A vitória da Thelma é da Thelma, claro. Mérito todo dela. Pelo que foi. Pelo que representou. Pelo modo como se colocou. Mas é também uma vitória coletiva do povo preto, a quem tanto esse país deve e faz questão de ignorar. Do povo preto e, sobretudo, das mulheres pretas. Porque essa vitória carrega consigo milhões de mulheres pretas que todo dia são desacreditadas e achincalhadas. Vistas apenas como subalternas ou uma bunda na televisão.

Pra muitas, diferente de Thelma, o único desfecho foi/é morar em subúrbio e trabalhar como empregada doméstica expondo-se ao coronavírus porque a patroa branca do bairro nobre não a libera do expediente nem no auge da pandemia. É não poder terminar o estudo básico. Faculdade, então, é pra lá de artigo de luxo. É ser largada pelo marido, que só assume socialmente a parceira branca. É crescer sem ter em quem se espelhar. Representatividade zero.

Thelma ganhou o programa na raça. Literalmente. E, às vezes, dolorosamente – no corpo e na alma. Mas é agora pra muita menina preta que mora em favela a prova de que é possível ser quem se quer ser. Quem se sonha ser. Mesmo quando toda adversidade cruza o nosso caminho.

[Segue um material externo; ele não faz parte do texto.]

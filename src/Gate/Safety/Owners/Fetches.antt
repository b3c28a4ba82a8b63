-- ===== src/Gate/Safety/Owners/Fetches.antt =====
-- Lookup results and the watcher's calls of src/gate.rs, and the subjects of the entries.
use policy_gate.Prelude.{
  if_branches, is_some, ℕ, ◌≡◌, inl, inr, refl, sym, ◌∙◌, arith, Bool, Option, none, some,
  Option-cases,
}
use policy_gate.Decision.{DecisionChange, Result, ok, err, DecisionSourceError, is_permanent_status}
use policy_gate.Metrics.{unary_call}
use policy_gate.Entry.{Snapshot, PendingFetch, pending_generation}
use policy_gate.Lru.{Lru}
use policy_gate.Subjects.{Slot, remove, clear_all}
use policy_gate.Subjects.View.Changes.{remove-view, update-view, clear_all-view}
use policy_gate.Gate.{Gate, Lookup, with_subjects, published, publish_empty, emit}
use policy_gate.Gate.Fetch.{
  prepare, Reply, Readings, apply_first, apply_current, apply_fetch_result, run_fetch, took_address,
  lookup_result, report_failure, FetchResult, give_up, forget,
}
use policy_gate.Gate.Watch.{
  decide, apply_change, watch_connected, watch_disconnected, drop_watcher, mark_disconnected,
}
use policy_gate.Gate.Safety.Owners.{Sheds, chains, shrinks, rests, republish-Sheds, dirty_if-Sheds}
use policy_gate.Gate.Safety.Owners.Operations.{removed_if_due-Sheds}

module _ {T : Type 0} {lru : Lru T Slot} {P : Type 0} where
  apply_first-Sheds :
      (subject : T) (entry generation now : ℕ) (prepared : Result DecisionSourceError (Snapshot P))
      (g : Gate lru P)
      → Sheds g (apply_first subject entry generation now prepared g)
  unfolding apply_first
  apply_first-Sheds subject entry generation now (ok s) g = rests g _ refl refl
  apply_first-Sheds subject entry generation now (err e) g =
      if_branches (λ (r : Gate lru P). Sheds g r) (is_permanent_status e)
        (λ permanent. rests g _ refl refl)
        (λ transient. removed_if_due-Sheds subject now now (give_up entry generation) g)

  apply_current-Sheds :
      (subject : T) (entry generation : ℕ) (refresh_from : Option (Snapshot P)) (at : Readings)
      (prepared : Result DecisionSourceError (Snapshot P)) (g : Gate lru P)
      → Sheds g (apply_current subject entry generation refresh_from at prepared g)
  unfolding apply_current
  apply_current-Sheds subject entry generation none at prepared g =
      apply_first-Sheds subject entry generation at.applying prepared g
  apply_current-Sheds subject entry generation (some current) at prepared g = rests g _ refl refl

  report_failure-Sheds :
      (outcome : FetchResult) (g : Gate lru P) → Sheds g (report_failure outcome g)
  report_failure-Sheds (ok _) g = rests g g refl refl
  report_failure-Sheds (err e) g = rests g _ (ground arith) (ground arith)

  pub run_fetch-Sheds :
      (fetch : PendingFetch (Lookup T P)) (alive : Bool) (now : ℕ) (at : Readings) (reply : Reply P)
      (g : Gate lru P)
      → Sheds g (run_fetch fetch alive now at reply g).0
  unfolding run_fetch apply_fetch_result
  run_fetch-Sheds fetch alive now at reply g =
      let called = emit unary_call g in
      let future = fetch.future in
      let result = lookup_result now reply in
      let took = took_address called in
      let applied =
        apply_fetch_result future.subject future.entry fetch.generation future.refresh_from at
          result called in
      let does : Sheds called applied.0 =
        if_branches (λ (r : Gate lru P × FetchResult). Sheds called r.0)
          (is_some (pending_generation fetch.generation (called.store.entries future.entry)))
          (λ claimed. chains called took _ (rests called took refl refl) (
            apply_current-Sheds future.subject future.entry fetch.generation future.refresh_from at
              (prepare future.entry at result called) took))
          (λ overtaken. rests called called refl refl) in
      let begun = rests g called refl refl in
      if_branches (λ (r : Gate lru P × FetchResult). Sheds g (report_failure r.1 r.0)) alive
        (λ held.
          chains g called _ begun
            (chains called applied.0 _ does (report_failure-Sheds applied.1 applied.0)))
        (λ dropped. chains g called _ begun (report_failure-Sheds (forget result) called))

  pub apply_change-Sheds :
      (change : DecisionChange T) (now made_at later : ℕ) (g : Gate lru P)
      → Sheds g (apply_change change now made_at later g)
  unfolding apply_change
  apply_change-Sheds change now made_at later g = elim (Option-cases change.decision) [
    | inl e ↦
        let r = remove change.subject now g.subjects in
        let h = with_subjects g r.0 in
        rw (e, apply_change)
          (chains g _ _
            (chains g h _
              (shrinks g h
                (λ single. let v = remove-view change.subject now g.subjects single in (v.0, v.2))
                refl)
              (dirty_if-Sheds r.1 h))
            (republish-Sheds later _))
    | inr (decision, e) ↦
        rw (e, apply_change)
          (chains g _ _
            (shrinks g _
              (update-view change.subject now (decide g.config decision made_at) g.subjects) refl)
            (republish-Sheds later _))
  ]

  cleared-Sheds :
      (g h : Gate lru P)
      → h.cache ≡ (clear_all g.subjects).cache
      → ((k : T) → published h k ≡ none)
      → Sheds g h
  unfolding Sheds
  cleared-Sheds g h cached empty single =
      let c = clear_all-view g.subjects in
      (
        rw cached (c.0),
        rw cached
            (λ k a e. absurd (let gone : none ≡ some a = sym (c.1 k) ∙ e in ground (arith, gone))),
        (λ k a e. absurd (ground (arith, empty k, e))),
      )

  pub watch_connected-Sheds : (g : Gate lru P) → Sheds g (watch_connected g)
  unfolding watch_connected publish_empty
  watch_connected-Sheds g = cleared-Sheds g _ refl (λ k. refl)

  pub watch_disconnected-Sheds : (now : ℕ) (g : Gate lru P) → Sheds g (watch_disconnected now g)
  unfolding watch_disconnected publish_empty mark_disconnected
  watch_disconnected-Sheds now g = cleared-Sheds g _ refl (λ k. refl)

  pub drop_watcher-Sheds : (now : ℕ) (g : Gate lru P) → Sheds g (drop_watcher now g)
  unfolding drop_watcher
  drop_watcher-Sheds now g = chains g _ _ (watch_disconnected-Sheds now g) (rests _ _ refl refl)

Antes de vencer o BBB, Thelma já havia escapado de inúmeras estatísticas do povo preto. O que mais morre. O que mais mata. O que mais está desempregado. O que mais está no sistema penitenciário. O que mais precisa do auxílio emergencial do governo. O que mais vive em situação de rua. O que mais vive abaixo da linha da miséria. E tantas outras barbaridades invisíveis.

A despeito de todo o racismo, machismo e misoginia que sofreu nos ataques covardes de pessoas covardes que se escondem no sigilo das redes sociais, Thelma fez jus a todos os significados do próprio nome. Foi amável, amorosa, protetora decidida, protetora corajosa e, para quem acredita, “aquela que está sob a proteção de deus.”

Numa edição cujos embates raciais e de gênero foram recorrentes, a vitória de Thelminha é o resultado mais coerente. Prevaleceu o bom senso. É ela a cara dessa edição, e não – nunca – uma pseudosalvadora de africanos nem uma garota que acha que cor de pele branca faz um casal ser bonito e harmônico. É Thelma, preta, cabelo sarará, sambista, médica, com sorriso farto e uma vida inteira de superação a dona da porra toda.

“A ficha não caiu ainda. Eu tô vivendo um sonho. Por isso, o que posso dizer é que não desistam dos seus sonhos, por mais difíceis que eles possam parecer”. Foram essas as primeiras palavras da mais nova milionária brasileira.